(Stored dataset items)

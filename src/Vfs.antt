-- ===== src/Vfs.antt =====
-- kernel/fs/vfs.c, the virtual file system: the dispatch to ramfs and to the file system of the disk,
-- and the walk along a path. The state of the three drivers is part of the state. `kmalloc` is an
-- argument of the functions that reach it.
pub mod Node
pub mod Root
pub mod Shown
pub mod Children
pub mod Listing
pub mod OnFat32
pub mod Names
pub mod Walk
mod Tests
use next_os.Prelude.{
  ℕ, zero, suc, ◌+◌, ◌-◌, Bool, true, false, not, ◌&&◌, ◌||◌, Option, none, some, List, [], ◌∷◌,
  ltb, leb, ◌==◌, if◌then◌else◌, length, bytes_of,
}
use next_os.Prelude.Outcome.{Outcome, fault, error, done}
use next_os.Disk.{Driver}
use next_os.Fat32.{Fat32, fat32_init}
use next_os.Ext2.{Ext2, ext2_init}
use next_os.Ramfs.{ramfs_create, ramfs_delete, ramfs_rename}
use next_os.Ramfs.Strings.{same, slash, is_ramfs_path}
use next_os.Ramfs.Table.{NodeType, file, directory, Ramfs}
use next_os.Ramfs.Files.{ramfs_lookup, ramfs_read, ramfs_write}
use next_os.Ramfs.Readdir.{ramfs_readdir}
use next_os.Ramfs.Load.{ramfs_init}
use next_os.Vfs.Node.{
  Op, no_op, root_op, cfg_op, ramfs_op, disk_op, VfsNode, DiskFs, no_fs, fat32_fs, ext2_fs,
  disk_root, root_inode, cfg_name, cfg_node, cfg_read, readdir_disk, read_disk, write_disk,
}
use next_os.Vfs.Root.{vfs_child, is_ready, vfs_root_readdir}

pub record Vfs (D : Type 0) : Type 0 where
  pub root_node : VfsNode
  pub fs : DiskFs D
  pub ramfs : Ramfs

-- The result of a call with the state behind it; `none` says that the fuel ran out.
abbrev pub Result : Type 0 → Type 0 → Type 0
Result D A = Option (Vfs D × Outcome A)

unfoldable pub choose_fs : {D : Type 0} → Option (Fat32 D) → Option (Ext2 D) → DiskFs D
choose_fs (some f) ext2 = fat32_fs f
choose_fs none (some e) = ext2_fs e
choose_fs none none = no_fs

unfoldable pub with_root : {D : Type 0} → DiskFs D → Outcome Ramfs → Outcome (Vfs D)
with_root fs fault = fault
with_root fs error = error
with_root fs (done r) = done (record {
  root_node = record {
    name = bytes_of "/";
    type = directory;
    size = 0;
    inode = root_inode fs;
    fs_data = 0;
    read = no_op;
    write = no_op;
    readdir = root_op;
  };
  fs = fs;
  ramfs = r;
})

-- `disk_read` of one sector of the primary disk.
unfoldable pub read_sector : {D : Type 0} → Driver D → List ℕ → Option D → ℕ → Option (List ℕ)
read_sector drv scratch none lba = none
read_sector drv scratch (some d) lba =
    let (bytes, ok) = drv.read d lba 1 scratch in if ok then some bytes else none

-- A new state of the disk's file system.
unfoldable pub put_fs : {D A : Type 0} → Vfs D → Option (DiskFs D × Outcome A) → Result D A
put_fs v none = none
put_fs v (some (fs, answer)) = some (record v { fs = fs }, answer)

unfoldable pub put_written : {D : Type 0} → Vfs D → List ℕ → Outcome Ramfs → Result D ℕ
put_written v buf fault = some (v, fault)
put_written v buf error = some (v, error)
put_written v buf (done r) = some (record v { ramfs = r }, done (length buf))

unfoldable pub put_ramfs : {D : Type 0} → Vfs D → Outcome Ramfs → Vfs D × Outcome (Unit {0})
put_ramfs v fault = (v, fault)
put_ramfs v error = (v, error)
put_ramfs v (done r) = (record v { ramfs = r }, done tt)

-- The next component of a path, of at most `n` bytes, and what is left, without the slash behind it.
unfoldable pub after_component : List ℕ → List ℕ
after_component [] = []
after_component (c ∷ path) = if c == slash then path else c ∷ path

unfoldable pub next_component : ℕ → List ℕ → List ℕ × List ℕ
next_component zero path = ([], after_component path)
next_component (suc n) [] = ([], [])
next_component (suc n) (c ∷ path) =
    let (component, rest) = next_component n path in
    if c == slash then ([], path) else (c ∷ component, rest)

-- What the search in a directory does with one child; `next` goes on with the next one.
unfoldable pub search_child :
    {D : Type 0} → Result D VfsNode → List ℕ → (Vfs D → Result D VfsNode) → Result D VfsNode
search_child none component next = none
search_child (some (v, fault)) component next = some (v, fault)
search_child (some (v, error)) component next = some (v, error)
search_child (some (v, done child)) component next =
    let rest = next v in if same child.name component then some (v, done child) else rest

unfoldable pub walk_found :
    {D : Type 0} → Result D VfsNode → (Vfs D → VfsNode → Result D VfsNode) → Result D VfsNode
walk_found none next = none
walk_found (some (v, fault)) next = some (v, fault)
walk_found (some (v, error)) next = some (v, error)
walk_found (some (v, done child)) next = next v child

module _ {D : Type 0} (drv : Driver D) (scratch : List ℕ) (fuel : ℕ) where
  -- `vfs_init`, called once; `primary` is what `disk_get_primary` returns.
  unfoldable pub vfs_init : (ℕ → Option (List ℕ)) → Option D → Ramfs → Outcome (Vfs D)
  vfs_init kmalloc primary r =
      with_root
        (choose_fs (fat32_init drv scratch kmalloc primary) (ext2_init drv scratch kmalloc primary))
        (ramfs_init kmalloc (read_sector drv scratch primary) r)

  -- The call of a directory's `readdir`.
  unfoldable pub readdir_op : Op → Vfs D → VfsNode → ℕ → Result D VfsNode
  readdir_op no_op v dir index = some (v, error)
  readdir_op root_op v dir index = put_fs v (vfs_root_readdir drv scratch fuel v.fs v.ramfs index)
  readdir_op cfg_op v dir index = some (v, error)
  readdir_op ramfs_op v dir index = some (v, vfs_child (ramfs_readdir v.ramfs dir.fs_data index))
  readdir_op disk_op v dir index = put_fs v (readdir_disk drv scratch fuel v.fs dir index)

  unfoldable pub readdir_typed : NodeType → Vfs D → VfsNode → ℕ → Result D VfsNode
  readdir_typed file v dir index = some (v, error)
  readdir_typed directory v dir index = readdir_op dir.readdir v dir index

  unfoldable pub vfs_readdir : Vfs D → VfsNode → ℕ → Result D VfsNode
  vfs_readdir v dir index = readdir_typed dir.type v dir index

  -- The call of a node's `read`.
  unfoldable pub read_op : Op → Vfs D → VfsNode → ℕ → ℕ → Result D (List ℕ)
  read_op no_op v node offset size = some (v, error)
  read_op root_op v node offset size = some (v, error)
  read_op cfg_op v node offset size = some (v, cfg_read offset size)
  read_op ramfs_op v node offset size = some (v, ramfs_read v.ramfs node.fs_data offset size)
  read_op disk_op v node offset size = put_fs v (read_disk drv scratch fuel v.fs node offset size)

  unfoldable pub vfs_read : Vfs D → VfsNode → ℕ → ℕ → Result D (List ℕ)
  vfs_read v node offset size = read_op node.read v node offset size

  -- The call of a node's `write`.
  unfoldable pub write_op : (ℕ → Option (List ℕ)) → Op → Vfs D → VfsNode → ℕ → List ℕ → Result D ℕ
  write_op kmalloc no_op v node offset buf = some (v, error)
  write_op kmalloc root_op v node offset buf = some (v, error)
  write_op kmalloc cfg_op v node offset buf = some (v, error)
  write_op kmalloc ramfs_op v node offset buf =
      put_written v buf (ramfs_write kmalloc v.ramfs node.fs_data offset buf)
  write_op kmalloc disk_op v node offset buf =
      put_fs v (write_disk drv scratch fuel v.fs node offset buf)

  unfoldable pub vfs_write : (ℕ → Option (List ℕ)) → Vfs D → VfsNode → ℕ → List ℕ → Result D ℕ
  vfs_write kmalloc v node offset buf = write_op kmalloc node.write v node offset buf

  -- The inner loop of `vfs_open`, along the children from index `i` on.
  unfoldable pub search_dir : ℕ → Vfs D → VfsNode → ℕ → List ℕ → Result D VfsNode
  search_dir zero v dir i component = none
  search_dir (suc n) v dir i component =
      search_child (vfs_readdir v dir i) component (λ w. search_dir n w dir (i + 1) component)

  -- The outer loop of `vfs_open`. Each round takes at least one byte of the path.
  unfoldable pub walk : ℕ → Vfs D → VfsNode → List ℕ → Result D VfsNode
  walk n v current [] = some (v, done current)
  walk zero v current (c ∷ path) = none
  walk (suc n) v current (c ∷ path) =
      let (component, rest) = next_component 127 (c ∷ path) in
      walk_found (search_dir fuel v current 0 component) (λ w child. walk n w child rest)

  unfoldable pub walk_disk : Vfs D → List ℕ → Result D VfsNode
  walk_disk v path =
      let p = after_component path in
      if is_ready v.fs then walk (length p) v (disk_root v.fs) p else some (v, error)

  -- `vfs_open` of a path and a node that are not NULL
  unfoldable pub vfs_open : Vfs D → List ℕ → Result D VfsNode
  vfs_open v path =
      if same path (slash ∷ [])
      then some (v, done v.root_node)
      else if is_ramfs_path path
      then some (v, vfs_child (ramfs_lookup v.ramfs path))
      else if same path (slash ∷ cfg_name)
      then some (v, done cfg_node)
      else walk_disk v path

unfoldable pub vfs_create : {D : Type 0} → Vfs D → List ℕ → NodeType → Vfs D × Outcome (Unit {0})
vfs_create v path type =
    if is_ramfs_path path then put_ramfs v (ramfs_create v.ramfs path type) else (v, error)

unfoldable pub vfs_delete : {D : Type 0} → Vfs D → List ℕ → Vfs D × Outcome (Unit {0})
vfs_delete v path =
    if is_ramfs_path path then put_ramfs v (ramfs_delete v.ramfs path) else (v, error)

unfoldable pub vfs_rename : {D : Type 0} → Vfs D → List ℕ → List ℕ → Vfs D × Outcome (Unit {0})
vfs_rename v old_path new_path =
    if is_ramfs_path old_path
    then put_ramfs v (ramfs_rename v.ramfs old_path new_path)
    else (v, error)
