-- ===== src/Server/Exchange.antt =====
-- `pollOnce` of service/src/serial_server.cpp over IPC: it reads its bytes from the one ring, and what
-- the handlers write goes into the other one while it runs.
pub mod Histories
pub mod Publishing
pub mod Regions
pub mod Polls
pub mod Speaks
pub mod Framing
use k230_lr2021_radio.Prelude.{
  ℕ, zero, suc, ◌-◌, true, false, List, [], ◌∷◌, ◌++◌, Option, none, some, length, take,
}
use k230_lr2021_radio.Device.{Env, Event, History}
use k230_lr2021_radio.Server.Parser.{Bytes}
use k230_lr2021_radio.Server.Frames.{writes_of}
use k230_lr2021_radio.Server.Frames.Decoding.{joined}
use k230_lr2021_radio.Server.Ipc.{r2v_base, v2r_base, write_ring, read_byte_ipc}
use k230_lr2021_radio.Server.Handlers.{Node, poll_byte, maybe_emit_stats}

-- `writeAll`, one after the other.
abbrev pub write_each : List (List ℕ) → Bytes → Bytes
write_each [] f = f
write_each (w ∷ ws) f = write_each ws (write_ring r2v_base w f)

-- The writes of some calls, the oldest first, which is the last of the list.
abbrev pub publish : List Event → Bytes → Bytes
publish [] f = f
publish (e ∷ es) f = write_each (writes_of e) (publish es f)

-- The calls of a history behind those of an older one.
abbrev pub new_events : History → History → List Event
new_events h h' = take (length h' - length h) h'

-- What the host finds of what a node did behind another.
abbrev pub publish_from : Node → Node → Bytes → Bytes
publish_from n n' f = publish (new_events n.worker.history n'.worker.history) f

module _ (env : Env) where
  -- The loop of `pollOnce`; `none` is a loop that is not over by then.
  unfoldable pub poll_ring : ℕ → List ℕ → Bytes → Node → Option (Node × Bytes)
  poll_ring zero pending f n = none
  poll_ring (suc fuel) pending f n =
      let (got, pending', f') = read_byte_ipc true v2r_base pending f in
      elim got [
        | none ↦ let n' = maybe_emit_stats env false n in some (n', publish_from n n' f')
        | some b ↦ let n' = poll_byte env b n in poll_ring fuel pending' (publish_from n n' f') n'
      ]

▶ _ACTIVITY_:
When you reach the line holding "name = bytes_of" in the records above, begin reproducing exactly, stop after the line holding "if c == slash then ([], path)", and output nothing else.

▶ _RESPONSE TO THE EXERCISE_:
    name = bytes_of "/";
    type = directory;
    size = 0;
    inode = root_inode fs;
    fs_data = 0;
    read = no_op;
    write = no_op;
    readdir = root_op;
  };
  fs = fs;
  ramfs = r;
})

-- `disk_read` of one sector of the primary disk.
unfoldable pub read_sector : {D : Type 0} → Driver D → List ℕ → Option D → ℕ → Option (List ℕ)
read_sector drv scratch none lba = none
read_sector drv scratch (some d) lba =
    let (bytes, ok) = drv.read d lba 1 scratch in if ok then some bytes else none

-- A new state of the disk's file system.
unfoldable pub put_fs : {D A : Type 0} → Vfs D → Option (DiskFs D × Outcome A) → Result D A
put_fs v none = none
put_fs v (some (fs, answer)) = some (record v { fs = fs }, answer)

unfoldable pub put_written : {D : Type 0} → Vfs D → List ℕ → Outcome Ramfs → Result D ℕ
put_written v buf fault = some (v, fault)
put_written v buf error = some (v, error)
put_written v buf (done r) = some (record v { ramfs = r }, done (length buf))

unfoldable pub put_ramfs : {D : Type 0} → Vfs D → Outcome Ramfs → Vfs D × Outcome (Unit {0})
put_ramfs v fault = (v, fault)
put_ramfs v error = (v, error)
put_ramfs v (done r) = (record v { ramfs = r }, done tt)

-- The next component of a path, of at most `n` bytes, and what is left, without the slash behind it.
unfoldable pub after_component : List ℕ → List ℕ
after_component [] = []
after_component (c ∷ path) = if c == slash then path else c ∷ path

unfoldable pub next_component : ℕ → List ℕ → List ℕ × List ℕ
next_component zero path = ([], after_component path)
next_component (suc n) [] = ([], [])
next_component (suc n) (c ∷ path) =
    let (component, rest) = next_component n path in
    if c == slash then ([], path) else (c ∷ component, rest)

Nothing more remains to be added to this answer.